Programming Language and Software

PythonAnaconda  
Python is an interpreted high-level general-purpose programming language. Python's design philosophy emphasizes code readability with its notable use of significant indentation. Anaconda Individual Edition is the world’s most popular Python distribution platform for data science and machine learning.

R & RStudio 
Used by majority of academic statisticians and social scientists, R is a free and open source software for statistical computing and graphics. 

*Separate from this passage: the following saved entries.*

-- ===== src/Agent/Runtime/Proposals.antt =====
-- A proposed plan: its review, its automatic approval and its refusal keep what the plans keep that
-- need no answer of the user.
use blender_ai_sidebar.Prelude.{
  ℕ, suc, ◌≡◌, refl, sym, subst, ◌∙◌, Bool, true, false, ◌&&◌, String, Option, none, some,
  if◌then◌else◌, nat_comparable, string_comparable, leb, Option-cases, inl, inr,
}
use mathlib.Core.Option.{some-injective}
use blender_ai_sidebar.Core.Types.{fail}
use blender_ai_sidebar.Agent.Models.{ToolCall}
use blender_ai_sidebar.Plan.Validator.Checks.{RawPlan, dict}
use blender_ai_sidebar.Plan.Review.{PlanReview, Reviewed, reviewed, invalid_plan, build_plan_review}
use blender_ai_sidebar.Agent.Runtime.{Runtime, Services}
use blender_ai_sidebar.Agent.Runtime.Action.{Result, ok, raised, M, ◌>>=◌, pure}
use blender_ai_sidebar.Agent.Runtime.Replies.{error_value, tool_message}
use blender_ai_sidebar.Agent.Runtime.Plans.{
  ensure_turn, build_review, is_auto_approved, open_review, approve_plan, open_reviewed,
  request_plan_review,
}
use blender_ai_sidebar.Agent.Runtime.Events.{
  without_field, refuse_plan, after_review, review_plan, count_repair, repairs_message, propose,
}
use blender_ai_sidebar.Agent.Runtime.Quiet.{
  On, View, view, Keeps, Leads, bind-Leads, kept-Leads, bind-Keeps, if-Keeps, pure-Keeps,
  gets-Keeps, modify-Keeps, attempt-Keeps, go_to-Keeps, emit-Keeps, add_result-Keeps,
  add_message-Keeps, report_error-Keeps, close_turn-Keeps,
}
use blender_ai_sidebar.Agent.Runtime.Executed.{PlanRan}
use blender_ai_sidebar.Agent.Runtime.LowRisk.{
  NeedsNoAnswer, HasOwnRisk, is_auto_approved-NeedsNoAnswer, build_plan_review-HasOwnRisk,
}
use blender_ai_sidebar.Agent.Runtime.Verdicts.{approve_plan-world}

module _ {W C : Type 0} (sv : Services W C) (Q : W → Type 0) where
  pub ensure_turn-world : (r : Runtime W C) → (ensure_turn r).world ≡ r.world
  unfolding ensure_turn
  ensure_turn-world r = elim (Option-cases r.turn_id) [
    | inl missing ↦ rw (missing, ensure_turn) refl
    | inr (t, there) ↦ rw (there, ensure_turn) refl
  ]

  -- What follows a review that has the risk of its own plan.
  build_review-Keeps :
      {A : Type 0} (raw : RawPlan) (call_id : String) (k : Reviewed → M W C A)
      → ((answer : Reviewed) → HasOwnRisk sv.registry answer → Keeps (On Q) (k answer))
      → Keeps (On Q) (build_review sv raw call_id >>= k)
  unfolding build_review ◌>>=◌
  build_review-Keeps raw call_id k h = record {
    keep = λ r q.
        let t : ℕ = elim r.turn_id [ none ↦ r.turn_counter | some t ↦ t ] in
        elim (Option-cases (
          build_plan_review sv.describe sv.registry (sv.new_plan_id r.fresh) t call_id r.fresh
            raw)) [
              | inl failed ↦ rw (failed, build_review) q
              | inr (answer, came) ↦
                  rw (came, build_review)
                    ((h answer (
                        build_plan_review-HasOwnRisk sv (sv.new_plan_id r.fresh) t call_id r.fresh
                          raw answer came)).keep
                      (record r { fresh = suc r.fresh }) q)
            ];
  }

  refuse_plan-Keeps :
      (t : ℕ) (call : ToolCall) (type message : String)
      → Keeps (On Q) (refuse_plan sv t call type message)
  unfolding refuse_plan
  refuse_plan-Keeps t call type message = bind-Keeps (go_to-Keeps _) λ _.
      bind-Keeps
        (add_message-Keeps (
          tool_message (error_value (record { type = type; message = message })) call.call_id
            "propose_plan" none))
        λ _. bind-Keeps (add_result-Keeps (fail "propose_plan" type message)) λ _.
          bind-Keeps (close_turn-Keeps _ _ (report_error-Keeps t type message))
            λ ended. pure-Keeps _

  count_repair-view : (repair : Bool) (r : Runtime W C) → view (count_repair sv repair r) ≡ view r
  count_repair-view true r = refl
  count_repair-view false r = refl

  module _
      (plans : (review : PlanReview)
        → NeedsNoAnswer sv review
        → (expected : Option String) (prompt : String) (w w' : W)
        → PlanRan sv expected prompt review w w'
        → Q w
        → Q w') where
    -- The review that waits has just been made, and no answer of the user is needed for it.
    abbrev Waits : PlanReview → View W → Type 0
    Waits review v = (v.pending_review ≡ some review) × Q v.world

    auto_plan-Leads :
        (review : PlanReview) (id : ℕ)
        → NeedsNoAnswer sv review
        → Leads (Waits review) (approve_plan sv id) (On Q)
    auto_plan-Leads review id free = record {
      lead = λ r (there, q). elim (approve_plan-world sv id r) [
        | inl still ↦ subst Q (sym still) q
        | inr (p, (h, ran)) ↦
            plans p
              (subst (NeedsNoAnswer sv) (sym (some-injective p review (sym h.pending ∙ there)))
                free)
              r.expected_visual r.prompt r.world (approve_plan sv id r).1.world ran q
      ];
    }

    if_auto-Leads :
        (review : PlanReview)
        → HasOwnRisk sv.registry (reviewed review)
        → (auto : Bool) → is_auto_approved sv review ≡ auto
        → Leads
            (Waits review)
            (if auto then approve_plan sv review.approval_id >>= (λ _. pure tt) else pure tt)
            (On Q)
    if_auto-Leads review own true always =
        bind-Leads
          (auto_plan-Leads review review.approval_id
            (is_auto_approved-NeedsNoAnswer sv review own always))
          (λ _. kept-Leads (pure-Keeps tt)) λ v q. q
    if_auto-Leads review own false never = record { lead = λ r h. h.1 }

    open_review-Leads :
        (review : PlanReview)
        → HasOwnRisk sv.registry (reviewed review)
        → Leads (On Q) (open_review sv review) (On Q)
    unfolding open_review
    open_review-Leads review own =
        bind-Leads {Q = Waits review} (record { lead = λ r q. (refl, q) })
          (λ _.
            bind-Leads (kept-Leads (go_to-Keeps _))
              (λ _.
                bind-Leads
                  (kept-Leads (
                    if-Keeps (is_auto_approved sv review) (emit-Keeps _)
                      (bind-Keeps (emit-Keeps _) λ _. emit-Keeps _)))
                  (λ _. if_auto-Leads review own (is_auto_approved sv review) refl) λ v h. h.1)
              λ v h. h.1)
          λ v h. h.1

    after_review-Keeps :
        (t : ℕ) (call : ToolCall) (answer : Result Reviewed)
        → Keeps (On Q) (after_review sv t call answer)
    unfolding after_review
    after_review-Keeps t call (raised e) = refuse_plan-Keeps t call "PLAN_VALIDATION_FAILED" _
    after_review-Keeps t call (ok (invalid_plan errors)) =
        refuse_plan-Keeps t call "PLAN_VALIDATION_FAILED" _
    after_review-Keeps t call (ok (reviewed review)) = pure-Keeps _

    open_reviewed-Keeps :
        (answer : Reviewed) → HasOwnRisk sv.registry answer → Keeps (On Q) (open_reviewed sv answer)
    unfolding open_reviewed
    open_reviewed-Keeps (invalid_plan errors) own = pure-Keeps _
    open_reviewed-Keeps (reviewed review) own =
        bind-Keeps (record { keep = (open_review-Leads review own).lead }) λ _. pure-Keeps _

    request_plan_review-Keeps :
        (raw : RawPlan) (call_id : String) → Keeps (On Q) (request_plan_review sv raw call_id)
    unfolding request_plan_review
    request_plan_review-Keeps raw call_id =
        bind-Keeps (record { keep = λ r q. subst Q (sym (ensure_turn-world r)) q })
          λ _.
            build_review-Keeps raw call_id (open_reviewed sv)
              λ answer own. open_reviewed-Keeps answer own

    review_plan-Keeps : (t : ℕ) (call : ToolCall) → Keeps (On Q) (review_plan sv t call)
    unfolding review_plan
    review_plan-Keeps t call =
        bind-Keeps
          (attempt-Keeps (
            request_plan_review-Keeps (dict (without_field "overall_risk" call.arguments))
              call.call_id))
          λ answer. after_review-Keeps t call answer

    pub propose-Keeps : (t : ℕ) (call : ToolCall) → Keeps (On Q) (propose sv t call)
    unfolding propose
    propose-Keeps t call = bind-Keeps (gets-Keeps _) λ repair. bind-Keeps (gets-Keeps _) λ repairs.
        if-Keeps (repair && leb sv.max_plan_repairs repairs)
          (refuse_plan-Keeps t call "MAX_PLAN_REPAIRS_EXCEEDED" (repairs_message sv))
          (bind-Keeps (modify-Keeps _ (count_repair-view repair)) λ _. review_plan-Keeps t call)
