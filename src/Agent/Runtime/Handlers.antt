-- ===== src/Agent/Runtime/Handlers.antt =====
-- The handlers of process_event keep what a round of tool calls keeps.
use blender_ai_sidebar.Prelude.{
  ℕ, refl, Bool, true, false, ◌||◌, String, List, [], ◌∷◌, Option, none, some, if◌then◌else◌, ◌==◌,
  nat_comparable, string_comparable, Bool-cases, inl, inr,
}
use blender_ai_sidebar.Agent.Models.{ToolCall}
use blender_ai_sidebar.Agent.Runtime.{Runtime, Services, Event, Response}
use blender_ai_sidebar.Agent.Runtime.Action.{ok, M}
use blender_ai_sidebar.Agent.Runtime.Events.{
  assistant_message, finish_turn, start_round, answer_response, handle_response,
  handle_provider_error, handle_agent_error, completed_response, handle, is_stale, process_event,
}
use blender_ai_sidebar.Agent.Runtime.Quiet.{
  View, view, Keeps, bind-Keeps, pure-Keeps, gets-Keeps, modify-Keeps, go_to-Keeps, emit-Keeps,
  add_message-Keeps, report_error-Keeps, close_turn-Keeps,
}

module _ {W C : Type 0} (sv : Services W C) {P : View W → Type 0} where
  module _ {B : Type 0} {m k : M W C B} where
    calls_or_end-Keeps :
        (calls : List ToolCall)
        → Keeps P m
        → Keeps P k
        → Keeps P (elim calls as (λ x. M W C B) [ [] ↦ m | call ∷ rest ↦ k ])
    calls_or_end-Keeps [] hm hk = hm
    calls_or_end-Keeps (call ∷ rest) hm hk = hk

  -- A handler that does nothing where the test holds.
  guard-Keeps :
      {A : Type 0} {m : M W C A} (a : A) (test : Runtime W C → Bool)
      → Keeps P m
      → Keeps P (λ r. if test r then (ok a, r) else m r)
  guard-Keeps {m = m} a test h = record {
    keep = λ r q. elim (test r) as (λ b. P (view (if b then (ok a, r) else m r).1)) [
      | true ↦ q
      | false ↦ h.keep r q
    ];
  }

  handle_provider_error-Keeps :
      (t : ℕ) (type message : String) → Keeps P (handle_provider_error sv t type message)
  unfolding handle_provider_error
  handle_provider_error-Keeps t type message =
      guard-Keeps none (λ r. type == "CANCELLED" || r.cancelled)
        (bind-Keeps (go_to-Keeps _) λ _. close_turn-Keeps _ _ (report_error-Keeps t _ message))

  handle_agent_error-Keeps : (t : ℕ) (message : String) → Keeps P (handle_agent_error sv t message)
  unfolding handle_agent_error
  handle_agent_error-Keeps t message =
      bind-Keeps (go_to-Keeps _) λ _. close_turn-Keeps _ _ (emit-Keeps _)

  finish_turn-Keeps : (t : ℕ) (resp : Option Response) → Keeps P (finish_turn sv t resp)
  unfolding finish_turn
  finish_turn-Keeps t resp = bind-Keeps (go_to-Keeps _) λ _. bind-Keeps (gets-Keeps _) λ text.
      bind-Keeps (modify-Keeps _ λ r. refl) λ _.
        bind-Keeps (add_message-Keeps (assistant_message (some text) [])) λ _.
          bind-Keeps (gets-Keeps _) λ results. bind-Keeps (modify-Keeps _ λ r. refl) λ _.
            bind-Keeps (emit-Keeps _) λ _.
              bind-Keeps (emit-Keeps _) λ _. bind-Keeps (modify-Keeps _ λ r. refl) λ _. pure-Keeps _

  module _ (rounds : (t : ℕ) (resp : Response) → Keeps P (start_round sv t resp)) where
    answer_response-Keeps : (t : ℕ) (resp : Option Response) → Keeps P (answer_response sv t resp)
    unfolding answer_response
    answer_response-Keeps t none = finish_turn-Keeps t none
    answer_response-Keeps t (some resp) =
        calls_or_end-Keeps resp.tool_calls (finish_turn-Keeps t (some resp)) (rounds t resp)

    handle_response-Keeps : (t : ℕ) (resp : Option Response) → Keeps P (handle_response sv t resp)
    unfolding handle_response
    handle_response-Keeps t resp =
        guard-Keeps none (λ r. r.cancelled) (answer_response-Keeps t resp)

    handle-Keeps : (event : Event) (r : Runtime W C) → P (view r) → P (view (handle sv event r).1)
    unfolding handle
    handle-Keeps (Event.streaming_text_delta t delta) r q = q
    handle-Keeps (Event.text_delta t text) r q = q
    handle-Keeps (Event.tool_call_delta t) r q = q
    handle-Keeps (Event.provider_error t type message) r q =
        (handle_provider_error-Keeps t type message).keep r q
    handle-Keeps (Event.provider_completed t) r q =
        (handle_response-Keeps t (some (completed_response sv r))).keep r q
    handle-Keeps (Event.provider_response_ready t resp) r q =
        (handle_response-Keeps t resp).keep r q
    handle-Keeps (Event.agent_error t type message) r q =
        (handle_agent_error-Keeps t message).keep r q
    handle-Keeps (Event.shutdown_event id) r q = q
    handle-Keeps (Event.unhandled t) r q = q

    pub process_event-Keeps :
        (event : Event) (r : Runtime W C) → P (view r) → P (view (process_event sv event r).1)
    unfolding process_event
    process_event-Keeps event r q = elim (Bool-cases (is_stale event r.turn_id)) [
      | inl stale ↦ rw (process_event, stale) q
      | inr current ↦ rw (process_event, current) (handle-Keeps event r q)
    ]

Chinese Text Analysing Tools

Due to the specialty of Chinese characters, a few tools/software have been developed for analysing Chinese texts.  Below are two examples:

CORPRO 庫博

Developed by National University of Taiwan (NTU), this free tool was originally developed for research projects by Prof. Chueh Ho-chia in Department of Bio-industry Communication and Development.  It was widely recommended to other researchers and students for the functionality in analysing Chinese texts with network analysis.  The software is free for download and use.

MARKUS

MARKUS helps analysing Chinese and Korean texts by automatically tagging personal names, place names, temporal references, bureaucratic offices, etc. from the texts uploaded by users.  It was developed as part of the project “Communication and Empire: Chinese Empires in Comparative Perspective” funded by the European Research Council.

Text Analyzing Tools

OpenRefine
OpenRefine is a powerful tool for working with messy data: cleaning it; transforming it from one format into another; and extending it with web services and external data.

KNIME
KNIME is a free and open-source data analytics platform. It integrates various components for machine learning and data mining through its modular data pipelining "Lego of Analytics" concept.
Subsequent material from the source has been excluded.